(Stored data)

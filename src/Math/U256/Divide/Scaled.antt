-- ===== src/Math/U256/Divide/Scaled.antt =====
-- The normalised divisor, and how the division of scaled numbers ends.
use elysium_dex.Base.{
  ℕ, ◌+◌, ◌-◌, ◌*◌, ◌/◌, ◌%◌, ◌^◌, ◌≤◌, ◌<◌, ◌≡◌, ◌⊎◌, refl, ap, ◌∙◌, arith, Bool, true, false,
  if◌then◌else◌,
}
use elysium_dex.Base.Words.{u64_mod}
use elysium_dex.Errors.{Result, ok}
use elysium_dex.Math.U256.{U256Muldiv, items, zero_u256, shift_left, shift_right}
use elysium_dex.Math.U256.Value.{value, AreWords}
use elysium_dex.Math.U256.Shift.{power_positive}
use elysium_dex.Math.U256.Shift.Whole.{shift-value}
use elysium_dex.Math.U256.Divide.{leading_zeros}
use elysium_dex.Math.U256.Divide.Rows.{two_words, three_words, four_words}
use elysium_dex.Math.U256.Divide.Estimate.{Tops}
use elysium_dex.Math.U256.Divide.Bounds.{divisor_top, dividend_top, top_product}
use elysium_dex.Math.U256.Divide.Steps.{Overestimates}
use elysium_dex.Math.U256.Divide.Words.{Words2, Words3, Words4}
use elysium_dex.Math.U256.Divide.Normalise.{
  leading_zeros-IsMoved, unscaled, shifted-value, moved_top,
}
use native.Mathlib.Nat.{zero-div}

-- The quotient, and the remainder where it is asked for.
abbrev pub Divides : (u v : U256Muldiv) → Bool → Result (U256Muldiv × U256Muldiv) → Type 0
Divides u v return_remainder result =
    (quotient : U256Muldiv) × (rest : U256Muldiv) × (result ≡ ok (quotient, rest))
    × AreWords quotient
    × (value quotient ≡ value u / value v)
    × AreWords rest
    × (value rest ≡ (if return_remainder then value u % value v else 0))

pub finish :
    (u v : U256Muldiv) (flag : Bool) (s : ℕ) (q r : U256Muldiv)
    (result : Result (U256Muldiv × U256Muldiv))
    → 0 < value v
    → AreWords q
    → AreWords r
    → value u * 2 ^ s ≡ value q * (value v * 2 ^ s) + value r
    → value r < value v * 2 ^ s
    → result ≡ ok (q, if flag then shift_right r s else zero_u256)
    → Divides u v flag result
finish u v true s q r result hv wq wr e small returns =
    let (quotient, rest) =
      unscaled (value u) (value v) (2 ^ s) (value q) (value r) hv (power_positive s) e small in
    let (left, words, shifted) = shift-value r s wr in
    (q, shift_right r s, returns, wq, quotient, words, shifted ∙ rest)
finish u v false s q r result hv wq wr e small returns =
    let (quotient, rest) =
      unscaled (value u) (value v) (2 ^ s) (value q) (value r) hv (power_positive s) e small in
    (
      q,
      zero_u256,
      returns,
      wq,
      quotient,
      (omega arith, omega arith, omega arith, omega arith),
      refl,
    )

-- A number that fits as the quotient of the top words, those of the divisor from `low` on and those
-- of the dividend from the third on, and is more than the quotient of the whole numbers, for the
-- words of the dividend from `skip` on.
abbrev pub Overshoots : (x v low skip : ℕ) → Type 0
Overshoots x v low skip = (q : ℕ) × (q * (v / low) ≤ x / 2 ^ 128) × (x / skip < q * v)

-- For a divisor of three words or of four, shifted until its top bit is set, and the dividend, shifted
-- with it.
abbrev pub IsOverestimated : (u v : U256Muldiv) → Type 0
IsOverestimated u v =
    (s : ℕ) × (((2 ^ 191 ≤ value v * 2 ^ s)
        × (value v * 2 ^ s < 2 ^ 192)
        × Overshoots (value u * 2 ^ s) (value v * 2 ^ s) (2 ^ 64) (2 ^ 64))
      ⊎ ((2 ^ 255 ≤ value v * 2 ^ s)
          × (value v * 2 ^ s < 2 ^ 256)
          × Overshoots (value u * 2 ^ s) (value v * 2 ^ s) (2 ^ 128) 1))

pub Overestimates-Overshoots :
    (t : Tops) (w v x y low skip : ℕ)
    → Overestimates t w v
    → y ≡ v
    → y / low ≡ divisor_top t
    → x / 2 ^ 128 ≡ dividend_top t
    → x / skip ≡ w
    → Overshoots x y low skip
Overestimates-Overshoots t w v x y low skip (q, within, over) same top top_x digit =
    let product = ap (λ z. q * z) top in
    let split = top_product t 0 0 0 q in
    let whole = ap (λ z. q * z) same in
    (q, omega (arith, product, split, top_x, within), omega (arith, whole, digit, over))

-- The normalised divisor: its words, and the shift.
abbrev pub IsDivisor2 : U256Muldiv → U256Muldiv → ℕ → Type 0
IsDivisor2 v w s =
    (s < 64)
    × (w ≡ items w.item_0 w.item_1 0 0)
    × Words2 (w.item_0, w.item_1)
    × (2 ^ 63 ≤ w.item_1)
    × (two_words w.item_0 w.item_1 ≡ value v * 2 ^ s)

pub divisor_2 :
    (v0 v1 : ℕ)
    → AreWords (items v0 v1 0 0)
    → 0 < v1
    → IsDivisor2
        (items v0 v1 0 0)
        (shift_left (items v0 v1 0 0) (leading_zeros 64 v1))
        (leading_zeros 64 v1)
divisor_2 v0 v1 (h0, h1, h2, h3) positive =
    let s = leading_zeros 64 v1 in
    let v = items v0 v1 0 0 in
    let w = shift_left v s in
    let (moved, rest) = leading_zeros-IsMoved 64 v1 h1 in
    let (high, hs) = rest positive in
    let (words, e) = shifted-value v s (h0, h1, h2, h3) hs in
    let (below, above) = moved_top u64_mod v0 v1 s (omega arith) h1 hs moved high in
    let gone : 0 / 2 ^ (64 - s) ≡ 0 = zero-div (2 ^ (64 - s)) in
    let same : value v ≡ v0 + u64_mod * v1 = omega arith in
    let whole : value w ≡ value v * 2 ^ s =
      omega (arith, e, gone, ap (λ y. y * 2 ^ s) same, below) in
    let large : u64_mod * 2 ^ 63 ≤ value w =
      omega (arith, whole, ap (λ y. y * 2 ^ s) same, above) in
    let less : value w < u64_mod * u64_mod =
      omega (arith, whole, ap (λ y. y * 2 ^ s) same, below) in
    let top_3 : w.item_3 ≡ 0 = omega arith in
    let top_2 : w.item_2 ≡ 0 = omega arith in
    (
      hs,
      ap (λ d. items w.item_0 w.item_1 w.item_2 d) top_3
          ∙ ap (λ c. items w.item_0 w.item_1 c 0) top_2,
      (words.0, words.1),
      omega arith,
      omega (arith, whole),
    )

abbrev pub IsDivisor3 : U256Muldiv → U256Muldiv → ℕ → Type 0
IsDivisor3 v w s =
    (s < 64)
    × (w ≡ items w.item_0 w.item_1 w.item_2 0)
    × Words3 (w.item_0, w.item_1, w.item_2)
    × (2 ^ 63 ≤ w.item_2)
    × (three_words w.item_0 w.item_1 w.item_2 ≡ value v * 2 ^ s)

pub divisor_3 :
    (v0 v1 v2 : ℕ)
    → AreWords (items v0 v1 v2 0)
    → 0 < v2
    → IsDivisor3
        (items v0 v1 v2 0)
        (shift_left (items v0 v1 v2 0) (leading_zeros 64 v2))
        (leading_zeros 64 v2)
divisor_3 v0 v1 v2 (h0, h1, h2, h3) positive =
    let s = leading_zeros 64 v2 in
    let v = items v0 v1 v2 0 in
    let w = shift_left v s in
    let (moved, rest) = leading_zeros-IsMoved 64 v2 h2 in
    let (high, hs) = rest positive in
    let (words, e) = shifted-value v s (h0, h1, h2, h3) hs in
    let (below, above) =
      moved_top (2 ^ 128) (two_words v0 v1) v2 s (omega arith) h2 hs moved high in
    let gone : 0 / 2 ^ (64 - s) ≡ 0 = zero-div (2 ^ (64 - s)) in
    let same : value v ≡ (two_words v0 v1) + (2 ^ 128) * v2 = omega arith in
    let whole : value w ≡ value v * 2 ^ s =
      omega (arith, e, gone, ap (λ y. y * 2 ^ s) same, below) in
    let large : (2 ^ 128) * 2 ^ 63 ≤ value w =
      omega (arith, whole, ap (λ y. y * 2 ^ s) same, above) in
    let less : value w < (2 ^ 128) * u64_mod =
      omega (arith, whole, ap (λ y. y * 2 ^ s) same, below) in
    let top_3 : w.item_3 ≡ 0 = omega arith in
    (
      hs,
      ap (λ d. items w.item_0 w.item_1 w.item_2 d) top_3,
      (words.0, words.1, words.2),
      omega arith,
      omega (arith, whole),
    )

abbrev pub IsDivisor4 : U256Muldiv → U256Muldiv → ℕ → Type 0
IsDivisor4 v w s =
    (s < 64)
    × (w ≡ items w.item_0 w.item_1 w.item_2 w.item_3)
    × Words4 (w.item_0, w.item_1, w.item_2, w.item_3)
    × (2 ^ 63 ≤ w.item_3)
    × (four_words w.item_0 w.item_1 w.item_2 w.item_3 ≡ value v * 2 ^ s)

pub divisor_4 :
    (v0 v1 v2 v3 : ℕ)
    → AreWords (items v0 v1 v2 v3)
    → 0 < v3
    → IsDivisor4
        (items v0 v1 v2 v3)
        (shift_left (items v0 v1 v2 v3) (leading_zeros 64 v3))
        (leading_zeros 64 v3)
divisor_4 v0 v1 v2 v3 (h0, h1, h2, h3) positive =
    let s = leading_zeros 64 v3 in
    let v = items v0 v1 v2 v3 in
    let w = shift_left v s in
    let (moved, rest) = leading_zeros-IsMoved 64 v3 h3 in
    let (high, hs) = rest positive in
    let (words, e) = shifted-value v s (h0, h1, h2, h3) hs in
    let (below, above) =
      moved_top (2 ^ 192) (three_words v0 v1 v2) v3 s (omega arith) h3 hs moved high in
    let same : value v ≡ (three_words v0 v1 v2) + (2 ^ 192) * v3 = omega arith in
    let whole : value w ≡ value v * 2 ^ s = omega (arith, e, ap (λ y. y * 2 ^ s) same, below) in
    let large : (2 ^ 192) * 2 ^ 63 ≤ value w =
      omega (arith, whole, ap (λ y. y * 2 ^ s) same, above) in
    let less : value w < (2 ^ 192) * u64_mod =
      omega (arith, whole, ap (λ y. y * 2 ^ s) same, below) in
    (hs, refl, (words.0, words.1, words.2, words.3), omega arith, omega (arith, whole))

(End Stored data)

In the records above, find each line with the word "split" and copy it out.

    let split = top_product t 0 0 0 q in
    (q, omega (arith, product, split, top_x, within), omega (arith, whole, digit, over))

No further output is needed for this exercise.